Given the framing that they're similar to nukes and a national security issue, it's likely that the models are post trained to not answer such questions accurately.

Also the article could be trying to normalize thinking that these are more than matrix multiplication gadgets good at compression.

thepasch•25m ago
It's not really "trying" to do anything. That they're, inherently, sequential matrix multipliers with clever data propagation should be uncontroversial, but I think stopping there is overly reductive.

Mechanistic interpretability research has found plenty of indicators that real, complex, generalized, and reusable circuits develop in models as they are trained and post-trained, particularly as overtraining ratios increase and memorization shifts to generalization. That's not to say that means they must be "conscious," but the overall point is that claiming anything definitive either way is incomplete.

It can be fascinating reading if you can sort through the chuff.

supern0va•22m ago
>Also the article could be trying to normalize thinking that these are more than matrix multiplication gadgets good at compression.

Honestly, I think it's less so (for some of us) that we think they're "more than matrix multiplication gadgets good at compression", so much as thinking that perhaps what our brains are doing is not so dissimilar.

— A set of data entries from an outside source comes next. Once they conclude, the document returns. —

-- ===== src/Network/ByName.antt =====
-- The interfaces are grouped by name, in the order of the names.
use edge_scpoe.Base.{
  ◌≡◌, refl, subst, sym, Bool, true, false, List, [], ◌∷◌, Option, none, some, map, arith, All,
  if_intro, ap, ◌∙◌, Bool-cases, inl, inr, if◌then◌else◌,
}
use mathlib.Core.Bool.{false≢true}
use edge_scpoe.Text.Laws.{equal_iff, equal_refl}
use edge_scpoe.Text.{Bytes, equal}
use edge_scpoe.Network.Interfaces.{
  NetworkInterfaceInfo, SocketAddress, no_address, other_family, ipv4, ipv6, AddressEntry,
  new_interface, less, update_named, add_ipv4, add_ipv6, add_address, add_named, by_name,
  with_counters,
}

less_trans : (s t u : Bytes) → less s t ≡ true → less t u ≡ true → less s u ≡ true
unfolding less
less_trans s [] u h k = cc
less_trans s (d ∷ t) [] h k = cc
less_trans [] (d ∷ t) (e ∷ u) h k = refl
less_trans (c ∷ s) (d ∷ t) (e ∷ u) h k = let rest = less_trans s t u in ground arith

less_total : (s t : Bytes) → equal s t ≡ false → less s t ≡ false → less t s ≡ true
unfolding less equal
less_total [] [] e h = cc
less_total [] (d ∷ t) e h = cc
less_total (c ∷ s) [] e h = refl
less_total (c ∷ s) (d ∷ t) e h = let rest = less_total s t in ground arith

-- Every name of the list is behind `name`.
abbrev Behind : Bytes → List NetworkInterfaceInfo → Type 0
Behind name = All (λ (i : NetworkInterfaceInfo). less name i.name ≡ true)

-- Each name stands once, and the names ascend.
abbrev pub Ascends : List NetworkInterfaceInfo → Type 0
Ascends [] = Unit
Ascends (i ∷ rest) = Behind i.name rest × Ascends rest

-- A change that leaves the name.
abbrev pub KeepsName : (NetworkInterfaceInfo → NetworkInterfaceInfo) → Type 0
KeepsName change = (i : NetworkInterfaceInfo) → (change i).name ≡ i.name

Behind-lower :
    (m n : Bytes) (is : List NetworkInterfaceInfo) → less m n ≡ true → Behind n is → Behind m is
Behind-lower m n [] h b = tt
Behind-lower m n (i ∷ is) h b = (less_trans m n i.name h b.0, Behind-lower m n is h b.1)

update-Behind :
    (m name : Bytes) (change : NetworkInterfaceInfo → NetworkInterfaceInfo)
    (is : List NetworkInterfaceInfo)
    → KeepsName change
    → less m name ≡ true
    → Behind m is
    → Behind m (update_named name change is)
unfolding update_named new_interface
update-Behind m name change [] k h b = (rw (k (new_interface name)) h, tt)
update-Behind m name change (i ∷ is) k h b =
    if_intro (Behind m) (equal name i.name) _ _ (λ _. (rw (k i) (b.0), b.1))
      λ _.
        if_intro (Behind m) (less name i.name) _ _ (λ _. (rw (k (new_interface name)) h, b))
          λ _. (b.0, update-Behind m name change is k h b.1)

update-Ascends :
    (name : Bytes) (change : NetworkInterfaceInfo → NetworkInterfaceInfo)
    (is : List NetworkInterfaceInfo)
    → KeepsName change
    → Ascends is
    → Ascends (update_named name change is)
unfolding update_named new_interface
update-Ascends name change [] k a = (tt, tt)
update-Ascends name change (i ∷ is) k a =
    if_intro Ascends (equal name i.name) _ _
      (λ _. (subst (λ n. Behind n is) (sym (k i)) (a.0), a.1))
      λ other.
        if_intro Ascends (less name i.name) _ _
          (λ before.
            let front = k (new_interface name) in
            (
              subst (λ n. Behind n (i ∷ is)) (sym front)
                  (before, Behind-lower name i.name is before a.0),
              a,
            ))
          λ behind. (
            update-Behind i.name name change is k (less_total name i.name other behind) a.0,
            update-Ascends name change is k a.1,
          )

module _ (inet_ntop : Bool → Bytes → Option Bytes) where
  pub add_address-KeepsName : (a : SocketAddress) → KeepsName (add_address inet_ntop a)
  unfolding add_address
  add_address-KeepsName no_address i = refl
  add_address-KeepsName other_family i = refl
  add_address-KeepsName (ipv4 bytes) i = added (inet_ntop false bytes)
    where
      added : (t : Option Bytes) → (add_ipv4 t i).name ≡ i.name
      added none = refl
      added (some text) = refl
  add_address-KeepsName (ipv6 bytes) i = added (inet_ntop true bytes)
    where
      added : (t : Option Bytes) → (add_ipv6 t i).name ≡ i.name
      added none = refl
      added (some text) = refl

  pub add_named-Ascends :
      (name : Option Bytes) (a : SocketAddress) (is : List NetworkInterfaceInfo)
      → Ascends is
      → Ascends (add_named inet_ntop name a is)
  unfolding add_named
  add_named-Ascends none a is s = s
  add_named-Ascends (some name) a is s =
      update-Ascends name (add_address inet_ntop a) is (add_address-KeepsName a) s

  pub by_name-Ascends :
      (entries : List AddressEntry) (is : List NetworkInterfaceInfo)
      → Ascends is
      → Ascends (by_name inet_ntop entries is)
  unfolding by_name
  by_name-Ascends [] is s = s
  by_name-Ascends (e ∷ rest) is s =
      by_name-Ascends rest (add_named inet_ntop e.name e.address is)
        (add_named-Ascends e.name e.address is s)

counters-Behind :
    (files : Bytes → Option Bytes) (m : Bytes) (is : List NetworkInterfaceInfo)
    → Behind m is
    → Behind m (map (with_counters files) is)
unfolding with_counters
counters-Behind files m [] b = tt
counters-Behind files m (i ∷ is) b = (b.0, counters-Behind files m is b.1)

pub counters-Ascends :
    (files : Bytes → Option Bytes) (is : List NetworkInterfaceInfo)
    → Ascends is
    → Ascends (map (with_counters files) is)
unfolding with_counters
counters-Ascends files [] a = tt
counters-Ascends files (i ∷ is) a =
    (counters-Behind files i.name is a.0, counters-Ascends files is a.1)

-- The interface of a list with a name.
abbrev pub named : Bytes → List NetworkInterfaceInfo → Option NetworkInterfaceInfo
named x [] = none
named x (i ∷ is) = if equal x i.name then some i else named x is

abbrev pub or_new : Bytes → Option NetworkInterfaceInfo → NetworkInterfaceInfo
or_new name none = new_interface name
or_new name (some i) = i

less_irrefl : (s : Bytes) → less s s ≡ false
unfolding less
less_irrefl [] = refl
less_irrefl (c ∷ s) = let rest = less_irrefl s in ground arith

Behind-named : (x : Bytes) (is : List NetworkInterfaceInfo) → Behind x is → named x is ≡ none
Behind-named x [] b = refl
Behind-named x (i ∷ is) b =
    if_intro (λ (o : Option NetworkInterfaceInfo). o ≡ none) (equal x i.name) _ _
      (λ t.
        let same : x ≡ i.name = (equal_iff x i.name).0 t in
        absurd (false≢true (sym (less_irrefl x) ∙ subst (λ n. less x n ≡ true) (sym same) b.0)))
      λ f. Behind-named x is b.1

named-head :
    (x : Bytes) (i : NetworkInterfaceInfo) (is : List NetworkInterfaceInfo)
    → equal x i.name ≡ true
    → named x (i ∷ is) ≡ some i
named-head x i is e = rw e refl

-- The change of one name leaves the others, and makes the interface where it is missing.
module _ (name : Bytes) (change : NetworkInterfaceInfo → NetworkInterfaceInfo)
    (k : KeepsName change) where
  pub named-own :
      (is : List NetworkInterfaceInfo)
      → Ascends is
      → named name (update_named name change is) ≡ some (change (or_new name (named name is)))
  unfolding update_named new_interface
  named-own [] a = rw (k (new_interface name), equal_refl name) refl
  named-own (i ∷ is) a = elim (Bool-cases (equal name i.name)) [
    | inl e ↦ rw e (rw (k i, e) refl)
    | inr e ↦ elim (Bool-cases (less name i.name)) [
      | inl l ↦
          let fresh : named name is ≡ none =
            Behind-named name is (Behind-lower name i.name is l a.0) in
          rw (e, l)
            (named-head name (change (new_interface name)) (i ∷ is)
                (subst (λ n. equal name n ≡ true) (sym (k (new_interface name))) (equal_refl name))
              ∙ ap (λ o. some (change (or_new name o))) (sym fresh))
      | inr l ↦ rw (e, l) (rw e (named-own is a.1))
    ]
  ]

  pub named-other :
      (x : Bytes) (is : List NetworkInterfaceInfo)
      → equal x name ≡ false
      → named x (update_named name change is) ≡ named x is
  unfolding update_named new_interface
  named-other x [] d = rw (k (new_interface name), d) refl
  named-other x (i ∷ is) d = elim (Bool-cases (equal name i.name)) [
    | inl e ↦
        let same : name ≡ i.name = (equal_iff name i.name).0 e in
        let d' : equal x i.name ≡ false = subst (λ n. equal x n ≡ false) same d in
        rw e (rw (k i, d') refl)
    | inr e ↦ elim (Bool-cases (less name i.name)) [
      | inl l ↦ rw (e, l) (rw (k (new_interface name), d) refl)
      | inr l ↦ rw (e, l) (ap (λ o. if equal x i.name then some i else o) (named-other x is d))
    ]
  ]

A materialist view of the world could support the idea that intelligence itself may just be a series of predictions from a big compressed multi-modal dataset. That's not to say that LLMs are doing it in a way that is even close to how our brains are doing it, but we also don't understand how different it may be, and how much utility we can get out of them even with the current architecture.

orbital-decay•38m ago
Every LLM is a classifier biased towards its own writing, but the bias is usually subtle and the naive way like this is not reliable.
throe9393i44i•35m ago
You can do much more, if you mess with harness, like translating model output language in realtime from english to french, or replacing some words.

If there is some sort of feedback loop (model has a reason to look into mirror), it usually does notice.

mohsen1•22m ago
It seems like we forget that LLMs are next token prediction systems. Using raw models without instruction following and chat completion bells and whistles will give you a better feeling of what LLMs are.

The current interface to LLMs are heavily biased towards "predict the next token in the context of a user with a helpful assistant" but LLMs are capable of other modes of next token prediction too.

Before the ChatGPT release people often measured LLM performance by how well they could produce a coherent story or a poem. that's where Anthropic model names are originating from I am guessing.